PROBLEM TO SOLVE
Your output should contain every record, unchanged.

[DATA EXTRACT — start]

-- ===== src/Chart/Kinds.antt =====
-- How scripts/check_chart.py sorts the documents by their kind.
use mathlib.Core.Path.{subst}
use mathlib.Core.Option.{some_inj}
use floodgate.Common.{
  String, true, false, some, List, [], ◌∷◌, ◌≡◌, ◌≢◌, refl, ap, ◌∙◌, arith, inl, inr, if◌then◌else◌,
  Bool-cases, eq_iff,
}
use floodgate.Value.{Value, str, truthy}
use floodgate.Portnum.{>>=-eq-some}
use floodgate.Chart.{subscript, is_text, non_empty, of_kind}

-- Every document that is not empty has a kind, and none has this one.
pub data NoneOf (kind : String) : List Value → Type 0 where
  no_more : NoneOf kind []
  empty_here :
      {d : Value} {docs : List Value} → truthy d ≡ false → NoneOf kind docs → NoneOf kind (d ∷ docs)
  another :
      {d k : Value} {docs : List Value}
      → truthy d ≡ true
      → subscript d "kind" ≡ some k
      → k ≢ str kind
      → NoneOf kind docs
      → NoneOf kind (d ∷ docs)

-- Every document that is not empty has a kind, and this one alone has this kind.
pub data OnlyOne (kind : String) (one : Value) : List Value → Type 0 where
  this :
      {k : Value} {docs : List Value}
      → truthy one ≡ true
      → subscript one "kind" ≡ some k
      → k ≡ str kind
      → NoneOf kind docs
      → OnlyOne kind one (one ∷ docs)
  empty_first :
      {d : Value} {docs : List Value}
      → truthy d ≡ false
      → OnlyOne kind one docs
      → OnlyOne kind one (d ∷ docs)
  not_this :
      {d k : Value} {docs : List Value}
      → truthy d ≡ true
      → subscript d "kind" ≡ some k
      → k ≢ str kind
      → OnlyOne kind one docs
      → OnlyOne kind one (d ∷ docs)

is_text-str : (text : String) (v : Value) → is_text text v ≡ true → v ≡ str text
is_text-str text (str s) h = ap str ((eq_iff s text).0 h)
is_text-str text _ h = absurd (ground (arith, h))

str-is_text : (text : String) (v : Value) → v ≡ str text → is_text text v ≡ true
str-is_text text v h = rw h ((eq_iff text text).1 refl)

not_text : (text : String) (v : Value) → is_text text v ≡ false → v ≢ str text
not_text text v h e = absurd (ground (arith, h, str-is_text text v e))

other_text : (text : String) (v : Value) → v ≢ str text → is_text text v ≡ false
other_text text v n = elim (Bool-cases (is_text text v)) [
  | inl e ↦ absurd (n (is_text-str text v e))
  | inr e ↦ e
]

of_kind-cons :
    (kind : String) (d : Value) (docs out : List Value)
    → of_kind kind (d ∷ docs) ≡ some out
    → (k : Value) × ((subscript d "kind" ≡ some k)
        × ((rest : List Value) × ((of_kind kind docs ≡ some rest)
              × ((if is_text kind k then d ∷ rest else rest) ≡ out))))
unfolding of_kind
of_kind-cons kind d docs out h =
    let (k, e, h1) = >>=-eq-some (subscript d "kind") _ h in
    let (rest, f, h2) =
      >>=-eq-some (of_kind kind docs) (λ rest. some (if is_text kind k then d ∷ rest else rest))
        h1 in
    (k, (e, (rest, (f, some_inj.0 h2))))

one_left : (d one : Value) (rest : List Value) → d ∷ rest ≡ one ∷ [] → (d ≡ one) × (rest ≡ [])
one_left d one rest h = (cc, cc)

not_left : (d : Value) (rest : List Value) → d ∷ rest ≢ []
not_left d rest h = cc

of_kind-NoneOf :
    (kind : String) (docs : List Value) → of_kind kind (non_empty docs) ≡ some [] → NoneOf kind docs
unfolding non_empty
of_kind-NoneOf kind [] h = no_more
of_kind-NoneOf kind (d ∷ docs) h = elim (Bool-cases (truthy d)) [
  | inr p ↦ empty_here p (of_kind-NoneOf kind docs (rw p at h))
  | inl p ↦
      let (k, (e, (rest, (f, g)))) = of_kind-cons kind d (non_empty docs) [] (rw p at h) in
      elim (Bool-cases (is_text kind k)) [
        | inl t ↦ absurd (not_left d rest (rw t at g))
        | inr t ↦
            another p e (not_text kind k t) (of_kind-NoneOf kind docs (f ∙ ap some (rw t at g)))
      ]
]

NoneOf-of_kind :
    (kind : String) {docs : List Value} → NoneOf kind docs → of_kind kind (non_empty docs) ≡ some []
unfolding of_kind non_empty
NoneOf-of_kind kind no_more = refl
NoneOf-of_kind kind (empty_here p n) = rw p (NoneOf-of_kind kind n)
NoneOf-of_kind kind (another {d} {k} p e t n) =
    rw (p, e, NoneOf-of_kind kind n, other_text kind k t) refl

pub of_kind-OnlyOne :
    (kind : String) (one : Value) (docs : List Value)
    → of_kind kind (non_empty docs) ≡ some (one ∷ [])
    → OnlyOne kind one docs
unfolding of_kind non_empty
of_kind-OnlyOne kind one [] h = absurd (ground (arith, h))
of_kind-OnlyOne kind one (d ∷ docs) h = elim (Bool-cases (truthy d)) [
  | inr p ↦ empty_first p (of_kind-OnlyOne kind one docs (rw p at h))
  | inl p ↦
      let (k, (e, (rest, (f, g)))) = of_kind-cons kind d (non_empty docs) (one ∷ []) (rw p at h) in
      elim (Bool-cases (is_text kind k)) [
        | inl t ↦
            let (same, none_left) = one_left d one rest (rw t at g) in
            subst (λ x. OnlyOne kind x (d ∷ docs)) same
              (this p e (is_text-str kind k t) (of_kind-NoneOf kind docs (f ∙ ap some none_left)))
        | inr t ↦
            not_this p e (not_text kind k t)
              (of_kind-OnlyOne kind one docs (f ∙ ap some (rw t at g)))
      ]
]

pub OnlyOne-of_kind :
    (kind : String) (one : Value) {docs : List Value}
    → OnlyOne kind one docs
    → of_kind kind (non_empty docs) ≡ some (one ∷ [])
unfolding of_kind non_empty
OnlyOne-of_kind kind one (empty_first p o) = rw p (OnlyOne-of_kind kind one o)
OnlyOne-of_kind kind one (this {k} p e t n) =
    rw (p, e, NoneOf-of_kind kind n, str-is_text kind k t) refl
OnlyOne-of_kind kind one (not_this {d} {k} p e t o) =
    rw (p, e, OnlyOne-of_kind kind one o, other_text kind k t) refl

[DATA EXTRACT — finish]

THE ANSWER
-- ===== src/Chart/Kinds.antt =====
-- How scripts/check_chart.py sorts the documents by their kind.
use mathlib.Core.Path.{subst}
use mathlib.Core.Option.{some_inj}
use floodgate.Common.{
  String, true, false, some, List, [], ◌∷◌, ◌≡◌, ◌≢◌, refl, ap, ◌∙◌, arith, inl, inr, if◌then◌else◌,
  Bool-cases, eq_iff,
}
use floodgate.Value.{Value, str, truthy}
use floodgate.Portnum.{>>=-eq-some}
use floodgate.Chart.{subscript, is_text, non_empty, of_kind}

-- Every document that is not empty has a kind, and none has this one.
pub data NoneOf (kind : String) : List Value → Type 0 where
  no_more : NoneOf kind []
  empty_here :
      {d : Value} {docs : List Value} → truthy d ≡ false → NoneOf kind docs → NoneOf kind (d ∷ docs)
  another :
      {d k : Value} {docs : List Value}
      → truthy d ≡ true
      → subscript d "kind" ≡ some k
      → k ≢ str kind
      → NoneOf kind docs
      → NoneOf kind (d ∷ docs)

-- Every document that is not empty has a kind, and this one alone has this kind.
pub data OnlyOne (kind : String) (one : Value) : List Value → Type 0 where
  this :
      {k : Value} {docs : List Value}
      → truthy one ≡ true
      → subscript one "kind" ≡ some k
      → k ≡ str kind
      → NoneOf kind docs
      → OnlyOne kind one (one ∷ docs)
  empty_first :
      {d : Value} {docs : List Value}
      → truthy d ≡ false
      → OnlyOne kind one docs
      → OnlyOne kind one (d ∷ docs)
  not_this :
      {d k : Value} {docs : List Value}
      → truthy d ≡ true
      → subscript d "kind" ≡ some k
      → k ≢ str kind
      → OnlyOne kind one docs
      → OnlyOne kind one (d ∷ docs)

is_text-str : (text : String) (v : Value) → is_text text v ≡ true → v ≡ str text
is_text-str text (str s) h = ap str ((eq_iff s text).0 h)
is_text-str text _ h = absurd (ground (arith, h))

str-is_text : (text : String) (v : Value) → v ≡ str text → is_text text v ≡ true
str-is_text text v h = rw h ((eq_iff text text).1 refl)

not_text : (text : String) (v : Value) → is_text text v ≡ false → v ≢ str text
not_text text v h e = absurd (ground (arith, h, str-is_text text v e))

other_text : (text : String) (v : Value) → v ≢ str text → is_text text v ≡ false
other_text text v n = elim (Bool-cases (is_text text v)) [
  | inl e ↦ absurd (n (is_text-str text v e))
  | inr e ↦ e
]

of_kind-cons :
    (kind : String) (d : Value) (docs out : List Value)
    → of_kind kind (d ∷ docs) ≡ some out
    → (k : Value) × ((subscript d "kind" ≡ some k)
        × ((rest : List Value) × ((of_kind kind docs ≡ some rest)
              × ((if is_text kind k then d ∷ rest else rest) ≡ out))))
unfolding of_kind
of_kind-cons kind d docs out h =
    let (k, e, h1) = >>=-eq-some (subscript d "kind") _ h in
    let (rest, f, h2) =
      >>=-eq-some (of_kind kind docs) (λ rest. some (if is_text kind k then d ∷ rest else rest))
        h1 in
    (k, (e, (rest, (f, some_inj.0 h2))))

one_left : (d one : Value) (rest : List Value) → d ∷ rest ≡ one ∷ [] → (d ≡ one) × (rest ≡ [])
one_left d one rest h = (cc, cc)

not_left : (d : Value) (rest : List Value) → d ∷ rest ≢ []
not_left d rest h = cc

of_kind-NoneOf :
    (kind : String) (docs : List Value) → of_kind kind (non_empty docs) ≡ some [] → NoneOf kind docs
unfolding non_empty
of_kind-NoneOf kind [] h = no_more
of_kind-NoneOf kind (d ∷ docs) h = elim (Bool-cases (truthy d)) [
  | inr p ↦ empty_here p (of_kind-NoneOf kind docs (rw p at h))
  | inl p ↦
      let (k, (e, (rest, (f, g)))) = of_kind-cons kind d (non_empty docs) [] (rw p at h) in
      elim (Bool-cases (is_text kind k)) [
        | inl t ↦ absurd (not_left d rest (rw t at g))
        | inr t ↦
            another p e (not_text kind k t) (of_kind-NoneOf kind docs (f ∙ ap some (rw t at g)))
      ]
]

NoneOf-of_kind :
    (kind : String) {docs : List Value} → NoneOf kind docs → of_kind kind (non_empty docs) ≡ some []
unfolding of_kind non_empty
NoneOf-of_kind kind no_more = refl
NoneOf-of_kind kind (empty_here p n) = rw p (NoneOf-of_kind kind n)
NoneOf-of_kind kind (another {d} {k} p e t n) =
    rw (p, e, NoneOf-of_kind kind n, other_text kind k t) refl

pub of_kind-OnlyOne :
    (kind : String) (one : Value) (docs : List Value)
    → of_kind kind (non_empty docs) ≡ some (one ∷ [])
    → OnlyOne kind one docs
unfolding of_kind non_empty
of_kind-OnlyOne kind one [] h = absurd (ground (arith, h))
of_kind-OnlyOne kind one (d ∷ docs) h = elim (Bool-cases (truthy d)) [
  | inr p ↦ empty_first p (of_kind-OnlyOne kind one docs (rw p at h))
  | inl p ↦
      let (k, (e, (rest, (f, g)))) = of_kind-cons kind d (non_empty docs) (one ∷ []) (rw p at h) in
      elim (Bool-cases (is_text kind k)) [
        | inl t ↦
            let (same, none_left) = one_left d one rest (rw t at g) in
            subst (λ x. OnlyOne kind x (d ∷ docs)) same
              (this p e (is_text-str kind k t) (of_kind-NoneOf kind docs (f ∙ ap some none_left)))
        | inr t ↦
            not_this p e (not_text kind k t)
              (of_kind-OnlyOne kind one docs (f ∙ ap some (rw t at g)))
      ]
]

pub OnlyOne-of_kind :
    (kind : String) (one : Value) {docs : List Value}
    → OnlyOne kind one docs
    → of_kind kind (non_empty docs) ≡ some (one ∷ [])
unfolding of_kind non_empty
OnlyOne-of_kind kind one (empty_first p o) = rw p (OnlyOne-of_kind kind one o)
OnlyOne-of_kind kind one (this {k} p e t n) =
    rw (p, e, NoneOf-of_kind kind n, str-is_text kind k t) refl
OnlyOne-of_kind kind one (not_this {d} {k} p e t o) =
    rw (p, e, OnlyOne-of_kind kind one o, other_text kind k t) refl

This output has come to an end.